# OBT is arboreal or terrestrial?



## Pacmaster (Mar 24, 2009)

Mine is both!
Lives in a vertical web that extends into the substrate and runs horizontally.
It is L shaped with the horizontal part extending daily.
I have noticed that the OBT atacks quicker and eats more when the roach enters from the bottom, but it will still take a roach from the forceps thru the feeding door directly over the top opening of the web.











In the looking-down shot, it was there then the camera scared it down to the corner where its outta sight from any angle . . . sorry, but cool web, huh?


----------



## Yanose (Mar 24, 2009)

from what I understand these guys are semiaborial and oppertunistic burrowers in other words they do what ever they want. Realy tough little T's. However I can't say for certian as my obt sling just uses a hide that I set up for him/her and luckly the orange little devil has not yet webbed up all and sundry so I can leave out a small shallow water dish he is only about an 1.5" and he is my first OW so can only tell you what I have read hear on the boards.


----------



## carl (Mar 24, 2009)

mine decided that it is an arboreal t... another observation my obt would destroy its web once in a while and would make another one at the same exact spot. weird


----------



## Pacmaster (Mar 24, 2009)

I hve never seen mine on the substrate, but I always catch it climbing.
I love my OBT, its lightning fast and fairly aggressive.

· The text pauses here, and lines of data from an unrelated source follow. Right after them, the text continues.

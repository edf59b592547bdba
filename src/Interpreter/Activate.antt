-- ===== src/Interpreter/Activate.antt =====
-- One activation of a node, src/runtime/Interpreter.cpp: `activateNode` with its retries, and the
-- nodes that open a frame (`stepLoop`, `stepTry`, `stepCondition`). The waits between attempts,
-- traces, metrics and log lines are not modelled.
use sapo_engine.Prelude.{
  ℕ, zero, suc, String, Bool, true, false, not, ◌&&◌, ◌||◌, Option, none, some, List, [], ◌∷◌,
  if◌then◌else◌, str_eq, leb, ◌==◌, length, max, ◌-◌,
}
use sapo_engine.Prelude.Map.{erase}
use sapo_engine.Json.{Json, object, end}
use sapo_engine.Workflow.{
  TaskType, LoopNode, TryNode, ConditionNode, NodeKind, loop_kind, try_kind, condition_kind,
  parallel_kind, task_kind, RetryPolicy, Node,
}
use sapo_engine.Interpreter.State.{
  Message, no_task, failed_unexpectedly, CapturedError, ControlSignal, continue, jump_to, loop, try,
  body, collection, while, LoopState, in_body, RunState, Outcome, returned, raised, crashed, Tasks,
}
use sapo_engine.Interpreter.Frames.{push_frame, bind_iteration, no_loop, no_try}
use sapo_engine.Interpreter.Advance.{front}
use sapo_engine.Interpreter.Errors.{is_empty}

abbrev pub Activation : Type 0 → Type 0
Activation C = RunState C × Outcome ControlSignal

abbrev pub internal_error : Message → String → CapturedError
internal_error m id = record { code = "INTERNAL_ERROR"; message = m; node = id; data_ = object end }

unfoldable pub matches_any : List String → String → String → Bool
matches_any [] code status = false
matches_any (n ∷ rest) code status =
    (str_eq n code || (not (str_eq status "") && str_eq n status)) || matches_any rest code status

unfoldable pub retryable_by_default : String → ℕ → Bool
retryable_by_default code status =
    str_eq code "HTTP_ERROR"
    || str_eq code "TIMEOUT"
    || str_eq code "DATA_SOURCE_ERROR"
    || (str_eq code "HTTP_STATUS_ERROR" && (leb 500 status || status == 429))

abbrev pub default_policy : RetryPolicy
default_policy = record { max_attempts = 1; retry_on = [] }

abbrev pub policy_of : Option RetryPolicy → RetryPolicy
policy_of none = default_policy
policy_of (some p) = p

abbrev pub next_or_empty : Option String → String
next_or_empty none = ""
next_or_empty (some id) = id

module _ {C : Type 0} (t : Tasks C) where
  unfoldable pub retryable : RetryPolicy → CapturedError → Bool
  unfolding matches_any retryable_by_default
  retryable p e =
      if is_empty p.retry_on
      then retryable_by_default e.code (t.status_number e.data_)
      else matches_any p.retry_on e.code (t.status_text e.data_)

  -- The reply of a suspended node is forgotten once the node has run.
  unfoldable pub consume_reply : Node → RunState C → RunState C
  consume_reply node st =
      if not (str_eq st.resume_node_id "") && str_eq st.resume_node_id node.id
      then record st { resume_node_id = ""; locals = erase "event" (erase "input" st.locals) }
      else st

  -- What follows a failed attempt: another one, if the policy has it.
  unfoldable pub after_attempt :
      (RunState C → Activation C)
      → Bool
      → RetryPolicy
      → Node
      → RunState C
      → Outcome ControlSignal
      → Activation C
  after_attempt again attempts_left p node st (returned signal) =
      (consume_reply node st, returned signal)
  after_attempt again attempts_left p node st (raised e) =
      if attempts_left && retryable p e then again st else (st, raised e)
  after_attempt again attempts_left p node st (crashed text) =
      (st, raised (internal_error (failed_unexpectedly node.id text) node.id))

  -- The loop over the attempts, with `left` of them after this one.
  unfoldable pub attempt :
      ℕ → (RunState C → C × Outcome ControlSignal) → RetryPolicy → Node → RunState C → Activation C
  attempt zero run p node st =
      let (c, out) = run st in
      after_attempt (λ st'. (st', out)) false p node (record st { context = c }) out
  attempt (suc left) run p node st =
      let (c, out) = run st in
      after_attempt (attempt left run p node) true p node (record st { context = c }) out

  unfoldable pub activate_node : TaskType → Node → RunState C → Activation C
  activate_node type node st =
      let p = policy_of node.retry in
      if t.registered type
      then attempt (max 1 p.max_attempts - 1) (t.execute node) p node st
      else (st, raised (internal_error (no_task type) node.id))

  unfoldable pub open_loop : LoopNode → Node → LoopState → RunState C → Activation C
  open_loop l node ls st = (
    bind_iteration (push_frame st loop node.id l.body (next_or_empty node.next) ls no_try) ls,
    returned (jump_to (front l.body)),
  )

  unfoldable pub start_loop : LoopNode → Node → RunState C → Option (List Json) → Activation C
  start_loop l node st none =
      open_loop l node
        (record {
          mode = while;
          items = [];
          index = 0;
          total = l.max_iterations;
          max_iterations = l.max_iterations;
          iterator = l.iterator;
          index_variable = l.index;
          on_item_error = l.on_item_error;
          loop_id = node.id;
        })
        st
  start_loop l node st (some []) = (st, returned continue)
  start_loop l node st (some (x ∷ xs)) =
      open_loop l node
        (record {
          mode = collection;
          items = x ∷ xs;
          index = 0;
          total = length (x ∷ xs);
          max_iterations = l.max_iterations;
          iterator = l.iterator;
          index_variable = l.index;
          on_item_error = l.on_item_error;
          loop_id = node.id;
        })
        st

  unfoldable pub evaluated :
      {A : Type 0} → RunState C → Outcome A → (A → Activation C) → Activation C
  evaluated st (returned a) k = k a
  evaluated st (raised e) k = (st, raised e)
  evaluated st (crashed text) k = (st, crashed text)

  unfoldable pub step_loop : LoopNode → Node → RunState C → Activation C
  step_loop l node st = evaluated st (t.loop_items node st) (start_loop l node st)

  unfoldable pub step_try : TryNode → Node → RunState C → Activation C
  step_try n node st = (
    push_frame st try node.id n.body (next_or_empty node.next) no_loop (record {
      phase = in_body;
      catch_ids = n.catch_body;
      finally_ids = n.finally_body;
      error_variable = n.error_variable;
      catch_when = n.catch_when;
      propagate = none;
    }),
    returned (jump_to (front n.body)),
  )

  -- A branch with a body runs it in a frame; one without a body may name a target.
  unfoldable pub enter_branch : Node → RunState C → List String → String → Activation C
  enter_branch node st (x ∷ xs) target = (
    push_frame st body node.id (x ∷ xs) (next_or_empty node.next) no_loop no_try,
    returned (jump_to x),
  )
  enter_branch node st [] target =
      (st, returned (if str_eq target "" then continue else jump_to target))

  unfoldable pub step_condition : ConditionNode → Node → RunState C → Activation C
  step_condition n node st = evaluated st (t.take_branch node st) λ taken.
      if taken
      then enter_branch node st n.then_body n.on_true
      else enter_branch node st n.else_body (next_or_empty n.on_false)

  -- The `switch` of `drive`.
  unfoldable pub run_node : NodeKind → Node → RunState C → Activation C
  run_node (loop_kind l) node st = step_loop l node st
  run_node (try_kind n) node st = step_try n node st
  run_node (condition_kind n) node st = step_condition n node st
  run_node parallel_kind node st = t.run_parallel node st
  run_node (task_kind type) node st = activate_node type node st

I guess I wasnt really asking that question as much as I was showing off its beautiful web . . .


----------



## RoachGirlRen (Mar 24, 2009)

What Yanose said; these guys aren't picky, they seem to do a little bit of both and will happily take up shop in everything from self-made burrows to webbing up branches to pre-made hides. Most suggestions I've seen here for enclosures point in the direction of a set-up permitting for both climbing and burrowing. 

I gave my adult a set-up that has both climbing room and digging space, and provided a corkbark tube at a diagonal that goes from nearly the top of the tank to well below the dirt. She's lived in there ever since. I have two slings as well who had burrows when I received them, but when I added something vertical, they webbed up its side and made a combination burrow/web-tunnel from it.


----------



## TarantulaTeen (Oct 2, 2010)

*My obt*

Whats up.
Well my tarantula is a mixture of both. It dug a burrow and then made a vertical tunnel of web on the conner of its tank. The only time it comes out is when it throw aways its crickets remains and I can see her clearly in her burrow tunnel.
She usally stays in her tunnel than her burrow unless eating.
Thats all.


----------



## WARPIG (Oct 2, 2010)

With attitude like they have, they are what they wanna be


PIG-


----------



## Ceratogyrus (Oct 2, 2010)

I have seen them in the wild, and found them in both burrows in the ground aswell as under bark on trees, so seems they are both/either.

Reactions: Like 1


----------



## Hanes (Oct 2, 2010)

My sling has only burrowed in the few months I've had it


----------



## rbailey1010 (Oct 2, 2010)

Ive got two that are terrestrial and burrow and one who spends most of its time at the top of its enclosure so id agree with everyone else's statements


----------



## curiousme (Oct 2, 2010)

Ours used to be both, but then we made it a very cool new enclosure(that _was_ too big for it) and since it had ample substrate to burrow in; that's all it has done for the last year.  We see its toes when its hungry and we have caught it out on the prowl a couple of times, but no crazy tube web like we dreamed of.  Maybe next year.....


----------



## 7mary3 (Oct 2, 2010)

My last OBT was a large female, and while she did show some arboreal tendancies, she decided to make herself an insane tunnel system as her permanent home. I'd catch her out on some corkbark now and then, but by and large she was a ground dweller. 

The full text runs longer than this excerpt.